### Required work:
Copy out, from the data below, each line in which the word "apart" occurs.

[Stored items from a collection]

-- ===== src/Turns/Store/Outcomes.antt =====
-- What a recorded outcome does to the store of turns/store.go.
use ferngeist_acp_gateway.Prelude.{
  suc, ◌≤◌, ◌<◌, ◌≡◌, ◌≢◌, refl, sym, ap, subst, ◌∙◌, true, false, none, some, List, [], ◌∷◌, arith,
  Bool-cases, Option-cases, inl, inr, ◌⊎◌, if◌then◌else◌, ltb, leb, ◌==◌, beq→eq,
}
use ferngeist_acp_gateway.Map
use ferngeist_acp_gateway.Map.{Map}
use ferngeist_acp_gateway.Turns.Types.{Status, Key, key_of, by_key}
use ferngeist_acp_gateway.Turns.Store.{
  Store, max_outcomes, new_store, oldest_locked, finished, keep_latest, record_outcome,
}
use ferngeist_acp_gateway.Turns.Store.Eviction.{IsKeyed, oldest_locked_lem}

abbrev roomy : Store → Map Key Status
roomy s =
    if leb max_outcomes (Map.size s.outcomes)
    then Map.delete (oldest_locked s) s.outcomes
    else s.outcomes

-- The three cases of a recorded outcome: new chat, late reply, newer reply.
record_new :
    (st : Status) (s : Store)
    → Map.lookup (key_of st) s.outcomes ≡ none
    → (record_outcome st s).outcomes ≡ Map.insert (key_of st) (finished st) (roomy s)
unfolding record_outcome keep_latest
record_new st s q = rw (q, record_outcome) refl

record_late :
    (st old : Status) (s : Store)
    → Map.lookup (key_of st) s.outcomes ≡ some old
    → ltb st.started_at old.started_at ≡ true
    → record_outcome st s ≡ s
unfolding record_outcome keep_latest
record_late st old s q y = rw (q, record_outcome) (rw y refl)

record_newer :
    (st old : Status) (s : Store)
    → Map.lookup (key_of st) s.outcomes ≡ some old
    → ltb st.started_at old.started_at ≡ false
    → (record_outcome st s).outcomes ≡ Map.insert (key_of st) (finished st) s.outcomes
unfolding record_outcome keep_latest
record_newer st old s q y = rw (q, record_outcome) (rw y refl)

record_cases {μ} :
    (P : Map Key Status → Type μ) (st : Status) (s : Store)
    → (Map.lookup (key_of st) s.outcomes ≡ none
        → P (Map.insert (key_of st) (finished st) (roomy s)))
    → ((old : Status)
        → Map.lookup (key_of st) s.outcomes ≡ some old
        → st.started_at < old.started_at
        → P s.outcomes)
    → ((old : Status)
        → Map.lookup (key_of st) s.outcomes ≡ some old
        → old.started_at ≤ st.started_at
        → P (Map.insert (key_of st) (finished st) s.outcomes))
    → P (record_outcome st s).outcomes
record_cases P st s new late newer = elim (Option-cases (Map.lookup (key_of st) s.outcomes)) [
  | inl q ↦ subst P (sym (record_new st s q)) (new q)
  | inr (old, q) ↦ elim (Bool-cases (ltb st.started_at old.started_at)) [
    | inl y ↦ subst (λ x. P x.outcomes) (sym (record_late st old s q y)) (late old q (ground arith))
    | inr y ↦ subst P (sym (record_newer st old s q y)) (newer old q (ground arith))
  ]
]

roomy-some :
    (s : Store) (k : Key) (x : Status)
    → Map.lookup k (roomy s) ≡ some x
    → Map.lookup k s.outcomes ≡ some x
roomy-some s k x h = elim (Bool-cases (leb max_outcomes (Map.size s.outcomes))) [
  | inl q ↦ (Map.lookup-delete-some k (oldest_locked s) s.outcomes (rw q at h)).0
  | inr q ↦ rw q at h
]

insert-keyed :
    (st : Status) (m : Map Key Status) (k : Key) (x : Status)
    → ((j : Key) (y : Status) → Map.lookup j m ≡ some y → key_of y ≡ j)
    → Map.lookup k (Map.insert (key_of st) (finished st) m) ≡ some x
    → key_of x ≡ k
insert-keyed st m k x keyed h = elim (Map.lookup-insert-some k (key_of st) (finished st) m h) [
  | inl (e, f) ↦ ap key_of (sym f) ∙ e
  | inr (ne, f) ↦ keyed k x f
]

-- A recorded outcome stands under its key too.
pub record_outcome-IsKeyed : (st : Status) (s : Store) → IsKeyed s → IsKeyed (record_outcome st s)
record_outcome-IsKeyed st s keyed =
    record_cases (λ m. (k : Key) (x : Status) → Map.lookup k m ≡ some x → key_of x ≡ k) st s
      (λ q k x. insert-keyed st (roomy s) k x (λ j y h. keyed j y (roomy-some s j y h)))
      (λ old q lt. keyed) (λ old q le k x. insert-keyed st s.outcomes k x keyed)

-- The chat has an outcome afterwards that started no earlier than the one recorded and the chat's
-- outcome so far, and it is one of the two.
pub record_outcome-lookup :
    (st : Status) (s : Store)
    → (kept : Status) × (Map.lookup (key_of st) (record_outcome st s).outcomes ≡ some kept)
      × (st.started_at ≤ kept.started_at)
      × ((kept ≡ finished st) ⊎ (Map.lookup (key_of st) s.outcomes ≡ some kept))
      × ((old : Status)
          → Map.lookup (key_of st) s.outcomes ≡ some old
          → old.started_at ≤ kept.started_at)
record_outcome-lookup st s =
    record_cases
      (λ m.
        (kept : Status) × (Map.lookup (key_of st) m ≡ some kept)
        × (st.started_at ≤ kept.started_at)
        × ((kept ≡ finished st) ⊎ (Map.lookup (key_of st) s.outcomes ≡ some kept))
        × ((old : Status)
            → Map.lookup (key_of st) s.outcomes ≡ some old
            → old.started_at ≤ kept.started_at))
      st s
      (λ q. (
        finished st,
        Map.lookup-insert_self (key_of st) (finished st) (roomy s),
        omega arith,
        inl refl,
        λ old f. absurd (ground arith),
      ))
      (λ old q lt. (old, q, omega arith, inr q, λ o f. ground arith))
      (λ old q le. (
        finished st,
        Map.lookup-insert_self (key_of st) (finished st) s.outcomes,
        omega arith,
        inl refl,
        λ o f. ground arith,
      ))

-- Where each outcome stands under its chat's key: a recorded outcome takes another chat's from the
-- store only where the store was full and the chat new to it, and then one that no other outcome
-- is older than.
pub record_outcome-others :
    (st : Status) (s : Store) (k : Key) (other : Status)
    → IsKeyed s
    → k ≢ key_of st
    → Map.lookup k s.outcomes ≡ some other
    → (Map.lookup k (record_outcome st s).outcomes ≡ some other)
      ⊎ ((max_outcomes ≤ Map.size s.outcomes)
          × (Map.lookup (key_of st) s.outcomes ≡ none)
          × ((j : Key) (x : Status)
              → Map.lookup j s.outcomes ≡ some x
              → other.changed_at ≤ x.changed_at))
record_outcome-others st s k other keyed ne f =
    record_cases
      (λ m.
        (Map.lookup k m ≡ some other)
        ⊎ ((max_outcomes ≤ Map.size s.outcomes)
            × (Map.lookup (key_of st) s.outcomes ≡ none)
            × ((j : Key) (x : Status)
                → Map.lookup j s.outcomes ≡ some x
                → other.changed_at ≤ x.changed_at)))
      st s
      (λ q. elim (Bool-cases (leb max_outcomes (Map.size s.outcomes))) [
        | inr y ↦ rw y (inl (skip s.outcomes ∙ f))
        | inl y ↦
            let (oldest, e, found, least) = oldest_locked_lem s keyed (ground arith) in
            elim (Bool-cases (key_of oldest == k)) [
              | inl z ↦
                  let same = ap (λ j. Map.lookup j s.outcomes) (sym (beq→eq (key_of oldest) k z)) in
                  inr (
                    ground arith,
                    q,
                    λ j x h.
                        subst (λ o. o.changed_at ≤ x.changed_at)
                          (some_inj (sym found ∙ (sym same ∙ f))) (least j x h),
                  )
              | inr z ↦ rw y (
                  inl (
                    skip (Map.delete (oldest_locked s) s.outcomes)
                    ∙ (Map.lookup-delete_ne k (oldest_locked s) s.outcomes
                          (λ w. ground (arith, by_key.same_key_iff (key_of oldest) k, sym e ∙ w))
                        ∙ f)))
            ]
      ])
      (λ old q lt. inl f) (λ old q le. inl (skip s.outcomes ∙ f))
  where
    skip :
        (m : Map Key Status)
        → Map.lookup k (Map.insert (key_of st) (finished st) m) ≡ Map.lookup k m
    skip m = Map.lookup-insert_ne k (key_of st) (finished st) m (λ w. ne (sym w))

    some_inj : {a b : Status} → some a ≡ some b → a ≡ b
    some_inj h = ground arith

roomy-size :
    (s : Store)
    → IsKeyed s
    → Map.size s.outcomes ≤ max_outcomes
    → suc (Map.size (roomy s)) ≤ max_outcomes
roomy-size s keyed h = elim (Bool-cases (leb max_outcomes (Map.size s.outcomes))) [
  | inr q ↦ rw q (ground arith)
  | inl q ↦
      let (oldest, e, found, least) = oldest_locked_lem s keyed (ground arith) in
      rw (q, e) (omega (arith, Map.size-delete-some (key_of oldest) oldest s.outcomes found))
]

abbrev pub IsSound : Store → Type 0
IsSound s = IsKeyed s × (Map.size s.outcomes ≤ max_outcomes)

record_outcome-IsSound : (st : Status) (s : Store) → IsSound s → IsSound (record_outcome st s)
record_outcome-IsSound st s (keyed, small) = (
  record_outcome-IsKeyed st s keyed,
  record_cases (λ m. Map.size m ≤ max_outcomes) st s
      (λ q.
        omega
          (arith, roomy-size s keyed small, Map.size-insert-le (key_of st) (finished st) (roomy s)))
      (λ old q lt. small)
      (λ old q le. omega (arith, Map.size-insert-some (key_of st) (finished st) old s.outcomes q)),
)

unfoldable pub record_all : Store → List Status → Store
record_all s [] = s
record_all s (st ∷ l) = record_all (record_outcome st s) l

record_all_from-IsSound : (s : Store) (l : List Status) → IsSound s → IsSound (record_all s l)
unfolding record_all
record_all_from-IsSound s [] h = h
record_all_from-IsSound s (st ∷ l) h =
    record_all_from-IsSound (record_outcome st s) l (record_outcome-IsSound st s h)

new_store-IsSound : IsSound new_store
unfolding new_store
new_store-IsSound = (
  λ k st h. ground (arith, Map.lookup-empty {V = Status} k),
  unfold Map.empty Map.size in omega arith,
)

-- After any outcomes that were recorded, each stands under the key of its chat, and there are at
-- most 4096.
pub record_all-IsSound : (l : List Status) → IsSound (record_all new_store l)
record_all-IsSound l = record_all_from-IsSound new_store l new_store-IsSound
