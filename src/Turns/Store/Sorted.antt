-- ===== src/Turns/Store/Sorted.antt =====
-- What the snapshot of turns/store.go holds of each chat.
use ferngeist_acp_gateway.Prelude.{
  is_less, ◌≡◌, refl, sym, ap, ◌∙◌, Bool, true, false, ◌||◌, Option, none, some, List, [], ◌∷◌,
  ◌++◌, arith, All, Bool-cases, inl, inr, if◌then◌else◌, ◌==◌, beq→eq, beq_of_ne,
}
use ferngeist_acp_gateway.Map
use ferngeist_acp_gateway.Map.{Map}
use ferngeist_acp_gateway.Map.Entries.{find, Distinct}
use ferngeist_acp_gateway.Turns.Types.{Status, Key, key_of, by_key}
use ferngeist_acp_gateway.Turns.Keys.{
  present, OneEach, last_of, last_of-absent, last_of-hit, last_of-miss,
}
use ferngeist_acp_gateway.Turns.Store.{
  Store, compare_keys, insert_sorted, sort_turns, resting, snapshot,
}
use ferngeist_acp_gateway.Turns.Store.Eviction.{IsKeyed}

present-insert_sorted :
    (k : Key) (st : Status) (l : List Status)
    → present k (insert_sorted st l) ≡ ((key_of st == k) || present k l)
unfolding present insert_sorted
present-insert_sorted k st [] = refl
present-insert_sorted k st (x ∷ l) = ground (arith, present-insert_sorted k st l)

insert_sorted-OneEach :
    (st : Status) (l : List Status)
    → present (key_of st) l ≡ false
    → OneEach l
    → OneEach (insert_sorted st l)
unfolding present insert_sorted OneEach
insert_sorted-OneEach st [] h one = (refl, tt)
insert_sorted-OneEach st (x ∷ l) h one = elim (Bool-cases (is_less (compare_keys x st))) [
  | inl q ↦ rw q (
    ground (
      arith,
      present-insert_sorted (key_of x) st l,
      by_key.same_key_iff (key_of st) (key_of x),
      by_key.same_key_iff (key_of x) (key_of st),
    ),
    insert_sorted-OneEach st l (ground arith) one.1,
  )
  | inr q ↦ rw q (h, one)
]

-- Two different keys in either order.
swap :
    (k : Key) (st x : Status) (found : Option Status)
    → (key_of x == key_of st) ≡ false
    → (if key_of st == k then some st else (if key_of x == k then some x else found))
      ≡ (if key_of x == k then some x else (if key_of st == k then some st else found))
swap k st x found h = ground (
  arith,
  by_key.same_key_iff (key_of st) k,
  by_key.same_key_iff (key_of x) k,
  by_key.same_key_iff (key_of x) (key_of st),
)

last_of-insert_sorted :
    (k : Key) (st : Status) (l : List Status) (found : Option Status)
    → present (key_of st) l ≡ false
    → last_of k (insert_sorted st l) found ≡ last_of k l (if key_of st == k then some st else found)
unfolding present insert_sorted last_of
last_of-insert_sorted k st [] found h = refl
last_of-insert_sorted k st (x ∷ l) found h = elim (Bool-cases (is_less (compare_keys x st))) [
  | inr q ↦ rw q refl
  | inl q ↦ rw q (
      last_of-insert_sorted k st l (if key_of x == k then some x else found) (ground arith)
      ∙ ap (last_of k l) (swap k st x found (ground arith)))
]

present-sort_turns : (k : Key) (l : List Status) → present k (sort_turns l) ≡ present k l
unfolding present sort_turns
present-sort_turns k [] = refl
present-sort_turns k (st ∷ l) =
    present-insert_sorted k st (sort_turns l)
    ∙ ap (λ b. (key_of st == k) || b) (present-sort_turns k l)

sort_turns-OneEach : (l : List Status) → OneEach l → OneEach (sort_turns l)
unfolding OneEach sort_turns
sort_turns-OneEach [] one = tt
sort_turns-OneEach (st ∷ l) one =
    insert_sorted-OneEach st (sort_turns l) (present-sort_turns (key_of st) l ∙ one.0)
      (sort_turns-OneEach l one.1)

last_of-sort_turns :
    (k : Key) (l : List Status) (found : Option Status)
    → OneEach l
    → last_of k (sort_turns l) found ≡ last_of k l found
unfolding OneEach sort_turns last_of
last_of-sort_turns k [] found one = refl
last_of-sort_turns k (st ∷ l) found one =
    last_of-insert_sorted k st (sort_turns l) found (present-sort_turns (key_of st) l ∙ one.0)
    ∙ last_of-sort_turns k l _ one.1

present-append : (k : Key) (a b : List Status) → present k (a ++ b) ≡ (present k a || present k b)
unfolding present
present-append k [] b = refl
present-append k (x ∷ a) b = ground (arith, present-append k a b)

append-OneEach :
    (a b : List Status)
    → OneEach a
    → OneEach b
    → ((k : Key) → present k a ≡ true → present k b ≡ false)
    → OneEach (a ++ b)
unfolding OneEach present
append-OneEach [] b ha hb apart = hb
append-OneEach (x ∷ a) b ha hb apart = (
  ground (
    arith,
    present-append (key_of x) a b,
    apart (key_of x),
    by_key.same_key_iff (key_of x) (key_of x),
  ),
  append-OneEach a b ha.1 hb (λ k h. apart k (ground arith)),
)

last_of-append :
    (k : Key) (a b : List Status) (found : Option Status)
    → last_of k (a ++ b) found ≡ last_of k b (last_of k a found)
unfolding last_of
last_of-append k [] b found = refl
last_of-append k (x ∷ a) b found = last_of-append k a b _

abbrev Keyed : List (Key × Status) → Type 0
Keyed l = All (λ e. key_of e.1 ≡ e.0) l

both_false : {a b : Bool} → a ≡ false → b ≡ false → (a || b) ≡ false
both_false h g = ground arith

resting-running :
    (k : Key) (live : List Status) (l : List (Key × Status))
    → Keyed l
    → present k live ≡ true
    → present k (resting live l) ≡ false
unfolding resting present
resting-running k live [] keyed h = refl
resting-running k live ((j, st) ∷ l) keyed h = elim (Bool-cases (present j live)) [
  | inl q ↦ rw q (resting-running k live l keyed.1 h)
  | inr q ↦
      let ne : (key_of st == k) ≡ false =
        beq_of_ne (key_of st) k
          (λ e. ground (arith, q, ap (λ x. present x live) (sym keyed.0 ∙ e))) in
      let rest = resting-running k live l keyed.1 h in rw q (both_false ne rest)
]

resting-find :
    (k : Key) (live : List Status) (l : List (Key × Status))
    → Keyed l
    → find k l ≡ none
    → present k (resting live l) ≡ false
unfolding resting present find
resting-find k live [] keyed h = refl
resting-find k live ((j, st) ∷ l) keyed h = elim (Bool-cases (j == k)) [
  | inl q ↦ absurd (ground arith)
  | inr q ↦
      let rest = resting-find k live l keyed.1 (ground arith) in
      elim (Bool-cases (present j live)) [
        | inl r ↦ rw r rest
        | inr r ↦ rw r (both_false (ap (λ x. x == k) keyed.0 ∙ q) rest)
      ]
]

resting-OneEach :
    (live : List Status) (l : List (Key × Status)) → Keyed l → Distinct l → OneEach (resting live l)
unfolding resting OneEach
resting-OneEach live [] keyed d = tt
resting-OneEach live ((j, st) ∷ l) keyed d = elim (Bool-cases (present j live)) [
  | inl q ↦ rw q (resting-OneEach live l keyed.1 d.1)
  | inr q ↦ rw q (
    ap (λ x. present x (resting live l)) keyed.0 ∙ resting-find j live l keyed.1 d.0,
    resting-OneEach live l keyed.1 d.1,
  )
]

last_of-resting :
    (k : Key) (live : List Status) (l : List (Key × Status))
    → Keyed l
    → Distinct l
    → present k live ≡ false
    → last_of k (resting live l) none ≡ find k l
unfolding resting last_of find
last_of-resting k live [] keyed d h = refl
last_of-resting k live ((j, st) ∷ l) keyed d h = elim (Bool-cases (j == k)) [
  | inl q ↦
      let e = beq→eq j k q in
      let none_left : find k l ≡ none = ap (λ x. find x l) (sym e) ∙ d.0 in
      rw (ap (λ x. present x live) e ∙ h, q)
        (last_of-hit k st (resting live l) none (ap (λ x. x == k) keyed.0 ∙ q)
          ∙ last_of-absent k (resting live l) (some st) (resting-find k live l keyed.1 none_left))
  | inr q ↦ rw q (elim (Bool-cases (present j live)) [
    | inl r ↦ rw r (last_of-resting k live l keyed.1 d.1 h)
    | inr r ↦ rw r (
        last_of-miss k st (resting live l) none (ap (λ x. x == k) keyed.0 ∙ q)
        ∙ last_of-resting k live l keyed.1 d.1 h)
  ])
]

Keyed-entries : (s : Store) → IsKeyed s → Keyed s.outcomes.entries
Keyed-entries s keyed = Map.All-of_lookup (λ e. key_of e.1 ≡ e.0) s.outcomes keyed

parts-OneEach :
    (live : List Status) (s : Store)
    → OneEach live
    → IsKeyed s
    → OneEach (live ++ resting live s.outcomes.entries)
parts-OneEach live s one keyed =
    append-OneEach live (resting live s.outcomes.entries) one
      (resting-OneEach live s.outcomes.entries (Keyed-entries s keyed) s.outcomes.distinct)
      (λ k h. resting-running k live s.outcomes.entries (Keyed-entries s keyed) h)

-- A snapshot of running turns of different chats has no chat twice, where each stored outcome stands
-- under its chat's key.
pub snapshot-OneEach :
    (live : List Status) (s : Store) → OneEach live → IsKeyed s → OneEach (snapshot live s)
unfolding snapshot
snapshot-OneEach live s one keyed =
    sort_turns-OneEach (live ++ resting live s.outcomes.entries) (parts-OneEach live s one keyed)

-- The snapshot reports a chat's running turn where it has one, and else the chat's stored outcome,
-- if any, where the running turns are of different chats and each stored outcome stands under its
-- chat's key.
pub snapshot_lem :
    (live : List Status) (s : Store) (k : Key)
    → OneEach live
    → IsKeyed s
    → last_of k (snapshot live s) none
      ≡ (if present k live then last_of k live none else Map.lookup k s.outcomes)
unfolding snapshot Map.lookup
snapshot_lem live s k one keyed =
    let rest = resting live s.outcomes.entries in
    let parts =
      last_of-sort_turns k (live ++ rest) none (parts-OneEach live s one keyed)
      ∙ last_of-append k live rest none in
    elim (Bool-cases (present k live)) [
      | inl q ↦ rw q (
          parts
          ∙ last_of-absent k rest (last_of k live none)
              (resting-running k live s.outcomes.entries (Keyed-entries s keyed) q))
      | inr q ↦ rw q (
          parts
          ∙ (ap (last_of k rest) (last_of-absent k live none q)
              ∙ last_of-resting k live s.outcomes.entries (Keyed-entries s keyed)
                  s.outcomes.distinct q))
    ]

### Exercise output:
append-OneEach [] b ha hb apart = hb
append-OneEach (x ∷ a) b ha hb apart = (
    apart (key_of x),
  append-OneEach a b ha.1 hb (λ k h. apart k (ground arith)),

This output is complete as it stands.